_Records for this task_
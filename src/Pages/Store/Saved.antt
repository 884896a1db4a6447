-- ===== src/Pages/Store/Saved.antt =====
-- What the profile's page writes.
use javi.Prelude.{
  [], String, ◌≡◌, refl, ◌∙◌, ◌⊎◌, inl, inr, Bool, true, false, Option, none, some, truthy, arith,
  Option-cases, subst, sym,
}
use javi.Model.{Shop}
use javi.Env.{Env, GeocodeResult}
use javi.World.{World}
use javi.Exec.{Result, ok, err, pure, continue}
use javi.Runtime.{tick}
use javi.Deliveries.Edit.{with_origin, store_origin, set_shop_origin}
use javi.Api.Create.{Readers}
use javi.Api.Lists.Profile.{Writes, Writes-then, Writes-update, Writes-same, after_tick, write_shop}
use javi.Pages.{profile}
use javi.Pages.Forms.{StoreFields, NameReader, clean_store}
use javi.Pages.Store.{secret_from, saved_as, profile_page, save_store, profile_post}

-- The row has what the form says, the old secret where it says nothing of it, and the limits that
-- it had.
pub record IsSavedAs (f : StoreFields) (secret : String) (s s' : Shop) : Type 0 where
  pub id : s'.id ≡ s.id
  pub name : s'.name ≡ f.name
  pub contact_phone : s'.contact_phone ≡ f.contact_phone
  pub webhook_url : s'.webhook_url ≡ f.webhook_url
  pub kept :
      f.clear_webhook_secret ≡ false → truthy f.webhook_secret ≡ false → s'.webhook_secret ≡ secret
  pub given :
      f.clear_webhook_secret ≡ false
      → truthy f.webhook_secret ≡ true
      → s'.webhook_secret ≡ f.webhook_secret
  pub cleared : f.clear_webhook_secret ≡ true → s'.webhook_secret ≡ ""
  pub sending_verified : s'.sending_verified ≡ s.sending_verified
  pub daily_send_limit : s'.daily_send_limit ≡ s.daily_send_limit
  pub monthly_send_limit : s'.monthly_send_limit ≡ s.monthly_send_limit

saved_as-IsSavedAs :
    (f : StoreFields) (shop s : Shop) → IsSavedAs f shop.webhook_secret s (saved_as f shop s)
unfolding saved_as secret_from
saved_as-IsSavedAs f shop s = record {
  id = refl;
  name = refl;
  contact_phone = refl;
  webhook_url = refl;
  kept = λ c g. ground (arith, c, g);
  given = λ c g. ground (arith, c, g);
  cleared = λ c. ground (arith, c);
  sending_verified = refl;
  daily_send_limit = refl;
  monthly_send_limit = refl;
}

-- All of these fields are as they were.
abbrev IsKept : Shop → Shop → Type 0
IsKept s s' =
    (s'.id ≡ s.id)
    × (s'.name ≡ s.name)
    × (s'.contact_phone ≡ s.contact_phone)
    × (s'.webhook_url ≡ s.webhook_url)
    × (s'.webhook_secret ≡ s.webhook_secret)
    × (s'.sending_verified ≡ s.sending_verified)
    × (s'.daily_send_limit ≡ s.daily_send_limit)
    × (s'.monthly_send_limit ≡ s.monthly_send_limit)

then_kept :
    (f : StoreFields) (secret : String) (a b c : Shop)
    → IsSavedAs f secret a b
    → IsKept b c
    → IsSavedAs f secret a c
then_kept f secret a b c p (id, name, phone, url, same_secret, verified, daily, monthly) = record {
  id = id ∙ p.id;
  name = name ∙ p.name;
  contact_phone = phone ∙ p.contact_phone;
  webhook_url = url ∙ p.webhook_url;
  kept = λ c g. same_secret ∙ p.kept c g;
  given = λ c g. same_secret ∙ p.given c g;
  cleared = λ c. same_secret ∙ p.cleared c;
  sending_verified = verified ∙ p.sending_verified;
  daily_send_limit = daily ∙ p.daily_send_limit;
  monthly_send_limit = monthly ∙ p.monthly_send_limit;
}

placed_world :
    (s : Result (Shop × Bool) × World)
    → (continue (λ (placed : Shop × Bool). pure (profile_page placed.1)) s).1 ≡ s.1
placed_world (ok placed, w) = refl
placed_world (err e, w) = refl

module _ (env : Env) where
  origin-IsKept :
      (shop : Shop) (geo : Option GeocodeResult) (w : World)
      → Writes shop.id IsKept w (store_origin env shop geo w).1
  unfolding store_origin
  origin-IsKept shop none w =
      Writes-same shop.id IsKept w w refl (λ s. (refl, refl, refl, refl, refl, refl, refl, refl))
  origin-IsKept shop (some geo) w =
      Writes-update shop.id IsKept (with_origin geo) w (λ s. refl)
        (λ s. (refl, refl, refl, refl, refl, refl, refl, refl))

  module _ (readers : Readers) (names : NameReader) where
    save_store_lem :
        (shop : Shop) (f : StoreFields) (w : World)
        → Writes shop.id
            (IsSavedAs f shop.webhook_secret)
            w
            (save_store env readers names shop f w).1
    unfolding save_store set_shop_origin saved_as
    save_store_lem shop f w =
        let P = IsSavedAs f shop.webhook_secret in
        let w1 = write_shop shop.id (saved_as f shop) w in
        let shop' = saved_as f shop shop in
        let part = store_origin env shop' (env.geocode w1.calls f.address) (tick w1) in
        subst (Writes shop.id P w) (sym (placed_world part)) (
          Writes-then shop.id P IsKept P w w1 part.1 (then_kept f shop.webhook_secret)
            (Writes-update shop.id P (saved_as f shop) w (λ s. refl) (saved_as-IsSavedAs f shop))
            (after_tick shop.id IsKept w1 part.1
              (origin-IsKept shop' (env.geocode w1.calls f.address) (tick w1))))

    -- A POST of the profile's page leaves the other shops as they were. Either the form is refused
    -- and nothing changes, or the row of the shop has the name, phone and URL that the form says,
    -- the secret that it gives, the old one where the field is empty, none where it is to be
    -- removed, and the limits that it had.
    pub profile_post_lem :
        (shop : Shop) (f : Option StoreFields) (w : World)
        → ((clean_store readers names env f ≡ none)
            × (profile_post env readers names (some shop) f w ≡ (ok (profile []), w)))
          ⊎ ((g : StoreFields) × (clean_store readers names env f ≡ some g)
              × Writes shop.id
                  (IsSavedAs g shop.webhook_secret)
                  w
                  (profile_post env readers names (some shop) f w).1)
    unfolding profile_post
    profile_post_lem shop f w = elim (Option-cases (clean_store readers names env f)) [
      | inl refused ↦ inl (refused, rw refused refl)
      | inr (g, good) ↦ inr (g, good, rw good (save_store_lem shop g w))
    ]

_What to produce_
Wherever the string "Pages" is found in the listing above, copy the line that contains it.

_Reply_
filename src/Pages/Store/Saved.antt
-- ===== src/Pages/Store/Saved.antt =====
use javi.Pages.{profile}
use javi.Pages.Forms.{StoreFields, NameReader, clean_store}
use javi.Pages.Store.{secret_from, saved_as, profile_page, save_store, profile_post}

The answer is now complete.